Financial professionals can use this merger of data in order to get a holistic view of their market share and understand how to better manage their existing customers. For instance, customers considered to have a higher lifetime value will be managed separately in order to improve retention and loyalty towards the brand.
On the same note, new customers’ data will be managed with a different goal in mind, to increase their desire to learn more about products and options.
It should be clear by now that Data Science, and all its perks, is a field crucial for the world of finance. The methods listed above represent only a sliver of the way financial specialists use data in their daily operations, and yet they are quite impressive.

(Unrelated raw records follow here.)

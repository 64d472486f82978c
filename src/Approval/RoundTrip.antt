-- ===== src/Approval/RoundTrip.antt =====
-- Issuing a grant of crates/opticcode-policy/src/approval.rs and presenting it at once.
use optic_code.Approval.{
  ApprovalGrant, ApprovalRecord, ApprovalStore, Codec, ConsumeCalls, NativeConfirmation,
  check_record, claim_created, claim_record, consume_at, consumed, grant_of, hash_json, issue_at,
  issue_checked, new_record, read_record, settle, take_record, taken, validate_storage_id, was_used,
  write_file_at,
}
use optic_code.Approval.Binding.{ApprovalBinding, normalized}
use optic_code.Approval.Drift.{compare_binding_iff}
use optic_code.Prelude.{
  Result-cases, ap, arith, false, inl, inr, length, ok, refl, true, usize_max, ℕ, ◌++◌, ◌∙◌, ◌≡◌,
  ◌≤◌,
}
use optic_code.Text.{Text, bytes}

-- What the store relies on: a record reads back as it was written, and a digest is 64 digits.
pub record IsCodec (codec : Codec) : Type 0 where
  pub reads_back :
      (r : ApprovalRecord) (json : Text)
      → codec.record_json r ≡ ok json
      → codec.parse_record (json ++ bytes "\n") ≡ ok r
  pub digest_length : (t : Text) → length (codec.hash t) ≡ 64

-- Every system call answers well.
abbrev pub quiet_calls : ConsumeCalls
quiet_calls = record {
  claim = claim_created;
  synced = true;
  take = taken;
  readable = true;
  published = true;
}

module _ (codec : Codec) (laws : IsCodec codec) (id : Text) (b : ApprovalBinding)
    (c : NativeConfirmation) (ttl issued_at : ℕ) {w : ApprovalRecord} {content : Text}
    (h : issue_checked codec id b c ttl issued_at ≡ ok (w, content)) where
  issued_valid :
      (normalized b ≡ ok b)
      × (validate_storage_id id ≡ ok tt)
      × (hash_json codec b ≡ ok w.binding_hash)
  unfolding issue_checked new_record normalized
  issued_valid = (ground arith, ground arith, ground arith)

  issued_record : w ≡ new_record codec b w.binding_hash c ttl issued_at
  unfolding issue_checked new_record normalized
  issued_record = ground arith

  issued_confirmed : length w.confirmation_hash ≡ 64
  unfolding new_record
  issued_confirmed =
      let e = ap (λ (r : ApprovalRecord). length r.confirmation_hash) issued_record in
      e ∙ laws.digest_length (c.client ++ bytes ":" ++ c.confirmation_id)

  issued_json :
      (json : Text) × (codec.record_json w ≡ ok json)
      × (content ≡ json ++ bytes "\n")
      × (length content ≤ 262144)
  unfolding issue_checked
  issued_json = elim (Result-cases (codec.record_json w)) [
    | inl (json, e) ↦ (json, e, ground arith, ground arith)
    | inr (x, e) ↦ absurd (ground arith)
  ]

  issued_readable : read_record codec true content ≡ ok w
  unfolding read_record
  issued_readable =
      let (json, written, same, short) = issued_json in
      ground (arith, laws.reads_back w json written)

  -- The record passes every check of `consume_at` for its own binding.
  issued_checks :
      (now : ℕ)
      → issued_at ≤ usize_max
      → now ≤ w.expires_unix_ms
      → check_record codec id b now w ≡ ok (grant_of id w consumed)
  unfolding check_record new_record
  issued_checks now small early =
      let (norm, valid, hash) = issued_valid in
      let record_is = issued_record in
      let confirmed = issued_confirmed in
      let same : w.binding ≡ b = ap (λ (r : ApprovalRecord). r.binding) record_is in
      let version : w.schema_version ≡ 1 =
        ap (λ (r : ApprovalRecord). r.schema_version) record_is in
      let start : w.issued_unix_ms ≡ issued_at =
        ap (λ (r : ApprovalRecord). r.issued_unix_ms) record_is in
      let stop = ap (λ (r : ApprovalRecord). r.expires_unix_ms) record_is in
      let lasting : w.issued_unix_ms ≤ w.expires_unix_ms = omega arith in
      ground (arith, (compare_binding_iff b b).1 refl, confirmed, lasting, same, version)

-- A grant that was issued for a state is accepted for that state: presented within its lifetime in
-- the store that the issue left, with an identifier that was never used and system calls that
-- succeed, it is consumed, and keeps its times and its binding hash.
pub consume_at-issue_at :
    (codec : Codec) (store : ApprovalStore) (id : Text) (b : ApprovalBinding)
    (c : NativeConfirmation) (ttl issued_at now : ℕ) {g : ApprovalGrant}
    → IsCodec codec
    → (issue_at codec store id true b c ttl issued_at).0 ≡ ok g
    → was_used store id ≡ false
    → issued_at ≤ usize_max
    → now ≤ g.expires_unix_ms
    → (consume_at codec quiet_calls (issue_at codec store id true b c ttl issued_at).1 id b now).0
      ≡ ok (record g { state = consumed })
unfolding consume_at claim_record take_record settle issue_at write_file_at
consume_at-issue_at codec store id b c ttl issued_at now {g} laws h fresh small early =
    elim (Result-cases (issue_checked codec id b c ttl issued_at)) [
      | inr (x, e) ↦ absurd (ground arith)
      | inl ((w, content), e) ↦ ground (
        arith,
        issued_valid codec laws id b c ttl issued_at e,
        issued_readable codec laws id b c ttl issued_at e,
        issued_checks codec laws id b c ttl issued_at e now,
      )
    ]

But Data Science is a valuable field for all businesses, regardless of their domain of activity. Therefore, whether you’re a regular entrepreneur or you hope to become a stockbroker in the near future, it’s important to find ways to enrich your knowledge base and improve your skillset.
Plus, it’s not just about processing Big Data to obtain valuable insight and predictions. Businesses nowadays use advanced algorithms like Machine Learning and Artificial Intelligence to interact with customers and automate routine tasks.
This trend helps entrepreneurs and financial specialists alike to create a better customer experience and improve the efficiency of their marketing campaigns (increased awareness).
Overall, the world of finance is better due to Data Science and similar technical developments. Financial organizations are more open and flexible towards customers and have better fraud-detection mechanisms. It’s a win-win scenario for both clients and businesses.